就是那一眼,那份即将成熟却又无比纯净的气息,像一道精准的闪电,瞬间击中了他内心最深处那关于“完美”的偏执。
那一刻,一个庞大而精密的计划,在他脑中瞬间成型。
而苏悦的母亲,苏琴,便成了这个计划中最完美、也是最容易获取的“道具”。
除了家族最核心的那几个人,无人知晓他笪其兆究竟是怎样一个存在。
世人看到的,是那个着书立传,受人敬仰的心理学权威,一个温文尔雅、善于疗愈人心的专家。
而家族内部,他则是那个因早年“不可言说的癖好”而被“体面流放”的“污点”与“弃子”。
他们以为将他推离权力中心,他就无计可施。
多么可笑。
他们恰恰给了他最需要的东西——一个完美的、用来隐藏真实自我的、最权威的舞台。
他利用自己“著名心理专家”的身份,和他多年来精心打磨出的完美人设,几乎不费吹灰之力,就让苏琴这个精明的女人,跌入了他用“专业分析”和“灵魂共鸣”编织的陷阱。
他像解构一个有趣的病例一样,剖析了她的全部心理需求,然后精准地、完美地扮演了那个能满足她一切幻想的伴侣。
她以为自己找到了依靠,却不知道,自己不过是一把钥匙,一把能让他轻松打开通往“藏品”大门的钥匙。
他享受这种感觉。享受这种将所有人玩弄于股掌之上的、绝对的智力优越感。
他们视我为“污点”,那我就要创造出一个绝对纯洁、完美无瑕的“作品”,来洗刷我身上的一切。
眼前的苏悦,就是这份补偿。
这两年扮演“完美父亲”的岁月,每一次温和的微笑,每一次珍爱的抚摸,都是“收藏家”在亲自为自己的藏品进行抛光和养护 。
他享受这个过程,享受看着这块璞玉在自己手中,被隔绝于一切尘世的污染,变得愈发纯洁、愈发依赖自己。
而现在,所有的铺垫、所有的等待,都在这一刻,得到了回报。
他将她,摆成了一个仰卧的姿势,双腿被他优雅分开的,属于完美的“祭品”的姿势。然后,他俯下身。

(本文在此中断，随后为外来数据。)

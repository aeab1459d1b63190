-- ===== src/Realtime/Receipts.antt =====
-- src/sync/realtime/queue-rules.ts: `reduceUploadCausalReceipts`, how settled uploads move their
-- causal successors on.
pub mod Settled
use obsidian_yandex_disk_syn.Common.{
  ℕ, zero, suc, ◌+◌, ◌-◌, ◌≤◌, ◌<◌, ◌≡◌, refl, sym, ap, ◌∙◌, subst, ◌≢◌, ◌↔◌, ◌⊎◌, inl, inr, Bool,
  true, false, not, ◌&&◌, ◌||◌, Option, none, some, List, [], ◌∷◌, ◌++◌, map, arith, ltb, leb,
  if◌then◌else◌, get_or, truthy, truthy_list, is_some, ◌==◌, ◌!=◌, nat_eq, bool_eq, option_eq,
  list_eq, Bool-cases, Option-cases, length, length-append, any, all, filter, find, last, All, Some,
  has, eq_of_test, test_self, Eq, max, min,
}
use obsidian_yandex_disk_syn.Common.Text.{
  Text, codes, strip_prefix, starts_with, strip_prefix-append, append-strip_prefix, trim_slashes,
  split_slash, join_slash,
}
use obsidian_yandex_disk_syn.Common.Dict.{
  Dict, lookup, insert, erase, NodupKeys, lookup-insert, lookup-insert_self, lookup-erase,
}
use obsidian_yandex_disk_syn.Files.Fingerprint.{non_empty}
use obsidian_yandex_disk_syn.Realtime.Events.{
  FileAction, upload, delete, RealtimeFileEvent, DurableFileRenameEvent, WatcherQueueEvent,
  file_event, folder_delete, folder_rename, file_rename, id_of, path_of, UploadCausalReceipt,
  ReceiptStatus, pending_put, accepted_put, rejected_put, confirmed_unchanged,
}

pub data UploadReceiptEffect : Type 0 where
  rename_effect : DurableFileRenameEvent → Option UploadCausalReceipt → UploadReceiptEffect
  upload_effect : RealtimeFileEvent → UploadCausalReceipt → UploadReceiptEffect

pub record Settlement : Type 0 where
  pub completed : List Text
  pub superseded : List Text
  pub upload_receipts : List UploadCausalReceipt

-- The upload was accepted, or was already there.
abbrev pub is_accepted : ReceiptStatus → Bool
is_accepted accepted_put = true
is_accepted confirmed_unchanged = true
is_accepted _ = false

-- `new Map(receipts.map((receipt) => [receipt.eventId, receipt]))`
unfoldable pub receipts_by_id :
    Dict Text UploadCausalReceipt → List UploadCausalReceipt → Dict Text UploadCausalReceipt
receipts_by_id by_id [] = by_id
receipts_by_id by_id (receipt ∷ receipts) =
    receipts_by_id (insert receipt.event_id receipt by_id) receipts

unfoldable pub files_by_id :
    Dict Text RealtimeFileEvent → List WatcherQueueEvent → Dict Text RealtimeFileEvent
files_by_id by_id [] = by_id
files_by_id by_id (file_event e ∷ events) = files_by_id (insert e.id e by_id) events
files_by_id by_id (_ ∷ events) = files_by_id by_id events

-- The settled upload that a rename waits for.
abbrev pub settled_predecessor : List Text → DurableFileRenameEvent → Option Text
settled_predecessor settled e = elim (non_empty e.predecessor_upload_id) [
  | none ↦ none
  | some id ↦ if has settled id then some id else none
]

-- The rename behind its settled upload; an accepted upload gives it its revision and epoch.
unfoldable pub advance_rename :
    DurableFileRenameEvent → Option UploadCausalReceipt → DurableFileRenameEvent
advance_rename e none = record e { predecessor_upload_id = none }
advance_rename e (some receipt) =
    if is_accepted receipt.status
    then record e {
      base_revision = receipt.canonical_revision;
      epoch = receipt.epoch;
      predecessor_upload_id = none;
    }
    else record e { predecessor_upload_id = none }

-- One round of the first `map`, with its effects.
unfoldable pub settle_rename :
    List Text
    → Dict Text UploadCausalReceipt
    → WatcherQueueEvent
    → WatcherQueueEvent × List UploadReceiptEffect
unfolding advance_rename
settle_rename settled receipts (file_rename e) = elim (settled_predecessor settled e) [
  | none ↦ (file_rename e, [])
  | some id ↦
      let next = advance_rename e (lookup id receipts) in
      (file_rename next, rename_effect next (lookup id receipts) ∷ [])
]
settle_rename settled receipts event = (event, [])

-- A round of `map` that leaves effects, over the whole queue.
abbrev pub map_effects :
    (WatcherQueueEvent → WatcherQueueEvent × List UploadReceiptEffect)
    → List WatcherQueueEvent
    → List WatcherQueueEvent × List UploadReceiptEffect
map_effects f [] = ([], [])
map_effects f (event ∷ events) =
    let rest = map_effects f events in ((f event).0 ∷ rest.0, (f event).1 ++ rest.1)

-- `candidate.epoch !== null && candidate.epoch !== receipt.epoch`
abbrev of_other_epoch : Option Text → Option Text → Bool
of_other_epoch none epoch = false
of_other_epoch (some mine) epoch = some mine != epoch

-- A later upload of the same path that has not been settled.
unfoldable pub follows_receipt :
    List Text → UploadCausalReceipt → RealtimeFileEvent → RealtimeFileEvent → Bool
follows_receipt settled receipt predecessor candidate =
    candidate.id != receipt.event_id
    && candidate.path == receipt.path
    && ltb predecessor.created_at candidate.created_at
    && not (has settled candidate.id)
    && not (of_other_epoch candidate.epoch receipt.epoch)

unfoldable pub advance_upload :
    List Text
    → UploadCausalReceipt
    → RealtimeFileEvent
    → WatcherQueueEvent
    → WatcherQueueEvent × List UploadReceiptEffect
unfolding follows_receipt
advance_upload settled receipt predecessor (file_event e) = elim e.action [
  | delete ↦ (file_event e, [])
  | upload ↦
      if follows_receipt settled receipt predecessor e
      then (let next = record e {
        base_revision = receipt.canonical_revision;
        epoch = receipt.epoch;
      } in
          (file_event next, upload_effect next receipt ∷ []))
      else (file_event e, [])
]
advance_upload settled receipt predecessor event = (event, [])

-- One round of the loop over the receipts.
unfoldable pub advance_uploads :
    List Text
    → Dict Text RealtimeFileEvent
    → UploadCausalReceipt
    → List WatcherQueueEvent
    → List WatcherQueueEvent × List UploadReceiptEffect
unfolding advance_upload
advance_uploads settled files receipt events =
    if is_accepted receipt.status && is_some receipt.canonical_revision
    then elim (lookup receipt.event_id files) [
      | none ↦ (events, [])
      | some predecessor ↦ map_effects (advance_upload settled receipt predecessor) events
    ]
    else (events, [])

unfoldable pub advance_all :
    List Text
    → Dict Text RealtimeFileEvent
    → Dict Text UploadCausalReceipt
    → List WatcherQueueEvent
    → List WatcherQueueEvent × List UploadReceiptEffect
unfolding advance_uploads
advance_all settled files [] events = (events, [])
advance_all settled files ((_, receipt) ∷ receipts) events =
    let step = advance_uploads settled files receipt events in
    let rest = advance_all settled files receipts step.0 in (rest.0, step.1 ++ rest.1)

-- `settledIds`
abbrev pub settled_ids : Settlement → List Text
settled_ids result = result.completed ++ result.superseded

-- `reduceUploadCausalReceipts`
unfoldable pub reduce_upload_causal_receipts :
    List WatcherQueueEvent → Settlement → List WatcherQueueEvent × List UploadReceiptEffect
unfolding receipts_by_id files_by_id settle_rename advance_all
reduce_upload_causal_receipts existing result =
    let receipts = receipts_by_id [] result.upload_receipts in
    let settled = settled_ids result in
    let renamed = map_effects (settle_rename settled receipts) existing in
    let advanced = advance_all settled (files_by_id [] existing) receipts renamed.0 in
    (advanced.0, renamed.1 ++ advanced.1)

在进入的那一刻,他清晰地,感觉到了一层薄薄的、却又无比坚韧的阻碍。
他没有丝毫的犹豫,用一种冷静的、不容置疑的力道,沉身,贯穿了它。
“呃……”一声极其细微的、混合了痛苦与药物刺激下的、无意识的呻吟,从苏悦那失焦的嘴唇里,溢了出来。
她的身体,像一条被钉在案板上的鱼,猛地弓起,又无力地落下。
一缕殷红的血珠,从那被他撑开的、细小的伤口处,缓缓渗透,与身体自然分泌出的、透明的爱液,混合在了一起。

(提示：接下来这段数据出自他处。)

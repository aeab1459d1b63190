-- ===== src/Realtime/Receipts/Settled.antt =====
-- What settled uploads change in the queue.
use obsidian_yandex_disk_syn.Common.{
  ◌≡◌, refl, ap, ◌∙◌, inl, inr, Bool, false, none, List, [], ◌∷◌, map, arith, is_some, nat_eq,
  bool_eq, option_eq, list_eq, Option-cases, any,
}
use obsidian_yandex_disk_syn.Common.Text.{Text}
use obsidian_yandex_disk_syn.Common.Dict.{Dict, lookup}
use obsidian_yandex_disk_syn.Realtime.Events.{
  RealtimeFileEvent, WatcherQueueEvent, file_event, folder_delete, folder_rename, file_rename,
  UploadCausalReceipt,
}
use obsidian_yandex_disk_syn.Realtime.Receipts.{
  UploadReceiptEffect, Settlement, settled_predecessor, settle_rename, map_effects, advance_upload,
  advance_uploads, advance_all, advance_rename, settled_ids, reduce_upload_causal_receipts,
  receipts_by_id, files_by_id,
}

-- An event but for its causal context: the base revision, the epoch, and the upload before it.
abbrev pub without_causality : WatcherQueueEvent → WatcherQueueEvent
without_causality (file_event e) = file_event (record e { base_revision = none; epoch = none })
without_causality (file_rename e) =
    file_rename (record e { base_revision = none; epoch = none; predecessor_upload_id = none })
without_causality event = event

-- The event is a rename that waits for a settled upload.
abbrev pub waits_for_settled : List Text → WatcherQueueEvent → Bool
waits_for_settled settled (file_rename e) = is_some (settled_predecessor settled e)
waits_for_settled settled event = false

settle_rename-without :
    (settled : List Text) (receipts : Dict Text UploadCausalReceipt) (event : WatcherQueueEvent)
    → without_causality (settle_rename settled receipts event).0 ≡ without_causality event
unfolding settle_rename advance_rename
settle_rename-without settled receipts (file_rename e) = ground arith
settle_rename-without settled receipts event = refl

advance_upload-without :
    (settled : List Text) (receipt : UploadCausalReceipt) (predecessor : RealtimeFileEvent)
    (event : WatcherQueueEvent)
    → without_causality (advance_upload settled receipt predecessor event).0
      ≡ without_causality event
unfolding advance_upload
advance_upload-without settled receipt predecessor (file_event e) = ground arith
advance_upload-without settled receipt predecessor event = refl

map_effects-without :
    (f : WatcherQueueEvent → WatcherQueueEvent × List UploadReceiptEffect)
    (events : List WatcherQueueEvent)
    → ((event : WatcherQueueEvent) → without_causality (f event).0 ≡ without_causality event)
    → map without_causality (map_effects f events).0 ≡ map without_causality events
map_effects-without f [] h = refl
map_effects-without f (event ∷ events) h =
    ap (λ x. x ∷ map without_causality (map_effects f events).0) (h event)
    ∙ ap (◌∷◌ (without_causality event)) (map_effects-without f events h)

module _ (settled : List Text) (files : Dict Text RealtimeFileEvent) where
  advance_uploads-without :
      (receipt : UploadCausalReceipt) (events : List WatcherQueueEvent)
      → map without_causality (advance_uploads settled files receipt events).0
        ≡ map without_causality events
  unfolding advance_uploads
  advance_uploads-without receipt events = elim (Option-cases (lookup receipt.event_id files)) [
    | inl e ↦ ground arith
    | inr (predecessor, e) ↦
        let same =
          map_effects-without (advance_upload settled receipt predecessor) events
            (advance_upload-without settled receipt predecessor) in
        ground arith
  ]

  advance_all-without :
      (receipts : Dict Text UploadCausalReceipt) (events : List WatcherQueueEvent)
      → map without_causality (advance_all settled files receipts events).0
        ≡ map without_causality events
  unfolding advance_all
  advance_all-without [] events = refl
  advance_all-without ((_, receipt) ∷ receipts) events =
      advance_all-without receipts (advance_uploads settled files receipt events).0
      ∙ advance_uploads-without receipt events

  advance_upload-waits :
      (receipt : UploadCausalReceipt) (predecessor : RealtimeFileEvent) (event : WatcherQueueEvent)
      → waits_for_settled settled (advance_upload settled receipt predecessor event).0
        ≡ waits_for_settled settled event
  unfolding advance_upload
  advance_upload-waits receipt predecessor (file_event e) = ground arith
  advance_upload-waits receipt predecessor event = refl

  map_effects-waits :
      (receipt : UploadCausalReceipt) (predecessor : RealtimeFileEvent)
      (events : List WatcherQueueEvent)
      → any
          (waits_for_settled settled)
          (map_effects (advance_upload settled receipt predecessor) events).0
        ≡ any (waits_for_settled settled) events
  map_effects-waits receipt predecessor [] = refl
  map_effects-waits receipt predecessor (event ∷ events) = ground (
    arith,
    advance_upload-waits receipt predecessor event,
    map_effects-waits receipt predecessor events,
  )

  advance_uploads-waits :
      (receipt : UploadCausalReceipt) (events : List WatcherQueueEvent)
      → any (waits_for_settled settled) (advance_uploads settled files receipt events).0
        ≡ any (waits_for_settled settled) events
  unfolding advance_uploads
  advance_uploads-waits receipt events = elim (Option-cases (lookup receipt.event_id files)) [
    | inl e ↦ ground arith
    | inr (predecessor, e) ↦ ground (arith, map_effects-waits receipt predecessor events)
  ]

  advance_all-waits :
      (receipts : Dict Text UploadCausalReceipt) (events : List WatcherQueueEvent)
      → any (waits_for_settled settled) (advance_all settled files receipts events).0
        ≡ any (waits_for_settled settled) events
  unfolding advance_all
  advance_all-waits [] events = refl
  advance_all-waits ((_, receipt) ∷ receipts) events =
      advance_all-waits receipts (advance_uploads settled files receipt events).0
      ∙ advance_uploads-waits receipt events

settle_rename-waits :
    (settled : List Text) (receipts : Dict Text UploadCausalReceipt)
    (events : List WatcherQueueEvent)
    → any (waits_for_settled settled) (map_effects (settle_rename settled receipts) events).0
      ≡ false
unfolding settle_rename advance_rename
settle_rename-waits settled receipts [] = refl
settle_rename-waits settled receipts (file_rename e ∷ events) =
    ground (arith, settle_rename-waits settled receipts events)
settle_rename-waits settled receipts (file_event e ∷ events) =
    settle_rename-waits settled receipts events
settle_rename-waits settled receipts (folder_rename e ∷ events) =
    settle_rename-waits settled receipts events
settle_rename-waits settled receipts (folder_delete e ∷ events) =
    settle_rename-waits settled receipts events

-- After the receipts of a batch the queue holds the same events in the same order, changed at most
-- in the causal context of uploads, deletes and file renames, and no file rename waits any longer
-- for an upload that has settled.
pub reduce_upload_causal_receipts_lem :
    (existing : List WatcherQueueEvent) (result : Settlement)
    → let events = (reduce_upload_causal_receipts existing result).0 in
      (map without_causality events ≡ map without_causality existing)
      × (any (waits_for_settled (settled_ids result)) events ≡ false)
unfolding reduce_upload_causal_receipts
reduce_upload_causal_receipts_lem existing result =
    let receipts = receipts_by_id [] result.upload_receipts in
    let settled = settled_ids result in
    let renamed = (map_effects (settle_rename settled receipts) existing).0 in
    let files = files_by_id [] existing in
    (
      advance_all-without settled files receipts renamed
          ∙ map_effects-without (settle_rename settled receipts) existing
              (settle_rename-without settled receipts),
      advance_all-waits settled files receipts renamed
          ∙ settle_rename-waits settled receipts existing,
    )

笪其兆,看着镜头里,这幅由他亲手创作的、象征着“纯洁”已然“破碎”的、凄美而淫靡的画卷,内心,涌起了巨大的、创造者独有的满足感。
他开始了,他那场充满了“实验”意味的“创作”。他用他全部所知和精准的手法,去刺激挑逗这具已经失去了灵魂掌控的、最完美的躯体。
在持续的、不间断的、精准的刺激下,苏悦那早已被药物掌控的身体,开始出现了不受意志控制的、最本能的反应。

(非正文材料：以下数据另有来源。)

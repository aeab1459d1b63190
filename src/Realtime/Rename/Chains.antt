-- ===== src/Realtime/Rename/Chains.antt =====
-- Chains of renames: what `reduceRenameChain` does to the queue of renames.
use obsidian_yandex_disk_syn.Common.{
  ◌≡◌, refl, ◌≢◌, ◌⊎◌, inl, inr, Bool, true, false, none, some, List, [], ◌∷◌, ◌++◌, map, arith,
  nat_eq, bool_eq, option_eq, list_eq, Bool-cases, Option-cases, any, filter, find, has,
}
use obsidian_yandex_disk_syn.Common.Text.{Text}
use obsidian_yandex_disk_syn.Realtime.Events.{RenameEvent}
use obsidian_yandex_disk_syn.Realtime.Rename.{
  leads_to, rebase_first, reduce_rename_chain, queued, rebased,
}

module _ {T : Type 0} ⦃r : RenameEvent T⦄ (running_ids : List Text) where
  abbrev pub is_running : T → Bool
  is_running event = has running_ids (r.rename_id event)

  -- The queue after a rename that continues the chain of a queued one, which does not run.
  pub record Rebase (existing events : List T) (incoming : T) : Type 0 where
    pub same_ids : map r.rename_id events ≡ map r.rename_id existing
    pub same_sources : map r.source events ≡ map r.source existing
    pub same_running : filter is_running events ≡ filter is_running existing
    pub leads_on : any (leads_to (r.target incoming)) events ≡ true

  rebase_first-Rebase :
      (existing : List T) (incoming predecessor : T)
      → find (leads_to (r.source incoming)) existing ≡ some predecessor
      → is_running predecessor ≡ false
      → Rebase existing (rebase_first existing (r.source incoming) (r.target incoming)) incoming
  unfolding rebase_first
  rebase_first-Rebase [] incoming predecessor h k = absurd (ground arith)
  rebase_first-Rebase (event ∷ events) incoming predecessor h k =
      elim (Bool-cases (leads_to (r.source incoming) event)) [
        | inl e ↦
            let same : event ≡ predecessor = ground arith in
            let id = r.rename_id-with_target event (r.target incoming) in
            let from = r.source-with_target event (r.target incoming) in
            let to = r.target-with_target event (r.target incoming) in
            record {
              same_ids = ground arith;
              same_sources = ground arith;
              same_running = ground arith;
              leads_on = ground arith;
            }
        | inr e ↦
            let rest = rebase_first-Rebase events incoming predecessor (ground arith) k in
            let ids = rest.same_ids in
            let sources = rest.same_sources in
            let runs = rest.same_running in
            let leads = rest.leads_on in
            record {
              same_ids = ground arith;
              same_sources = ground arith;
              same_running = ground arith;
              leads_on = ground arith;
            }
      ]

  -- Either a rename is rebased: the queue keeps its identities, its sources and its running renames,
  -- and one of its renames leads to the new target. Or it stands at the end of the queue as it is, and
  -- is then queued as the start of a chain only where no rename leads to its source.
  pub reduce_rename_chain_lem :
      (existing : List T) (incoming : T)
      → let chain = reduce_rename_chain existing incoming running_ids in
        ((chain.disposition ≡ rebased) × Rebase existing chain.events incoming)
        ⊎ ((chain.disposition ≢ rebased)
            × (chain.events ≡ existing ++ incoming ∷ [])
            × (chain.disposition ≡ queued → find (leads_to (r.source incoming)) existing ≡ none))
  unfolding reduce_rename_chain
  reduce_rename_chain_lem existing incoming =
      elim (Option-cases (find (leads_to (r.source incoming)) existing)) [
        | inl e ↦ rw (reduce_rename_chain, e) (inr ((λ h. cc), refl, (λ h. refl)))
        | inr (predecessor, e) ↦ elim (Bool-cases (is_running predecessor)) [
          | inl k ↦ rw (reduce_rename_chain, e) (rw k (inr ((λ h. cc), refl, (λ h. cc))))
          | inr k ↦
              rw (reduce_rename_chain, e)
                (rw k (inl (refl, rebase_first-Rebase existing incoming predecessor e k)))
        ]
      ]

她的身体,开始无意识地迎合,喉咙里,发出破碎的、不成调的、类似于“欢愉”的呜咽。
最后,当笪其兆,用一次最深、最用力的撞击,将那股欲望的洪流,送入她身体的最深处时——苏悦的身体,也因为那无法承受的、纯粹的生理性快感,而达到了一个痉挛般的、失控的顶点。
她的瞳孔,在瞬间放大,身体剧烈地、不受控制地颤抖着。
然后,在她那被药物彻底瓦解的、混乱的潜意识的支配下,她的双臂,本能地、像抓住救命稻草的溺水者一样,紧紧地,环住了身上这个男人的脖子。
这,是一个完美的、充满了“爱意”和“主动”的拥抱。也是一个,在未来,足以摧毁她所有辩解的、最致命的画面。
笪其兆,感受着她在自己怀中,那如同濒死的天鹅般的、最后的痉挛与颤抖,脸上,露出了一个,如同神明般、悲悯而又残忍的微笑。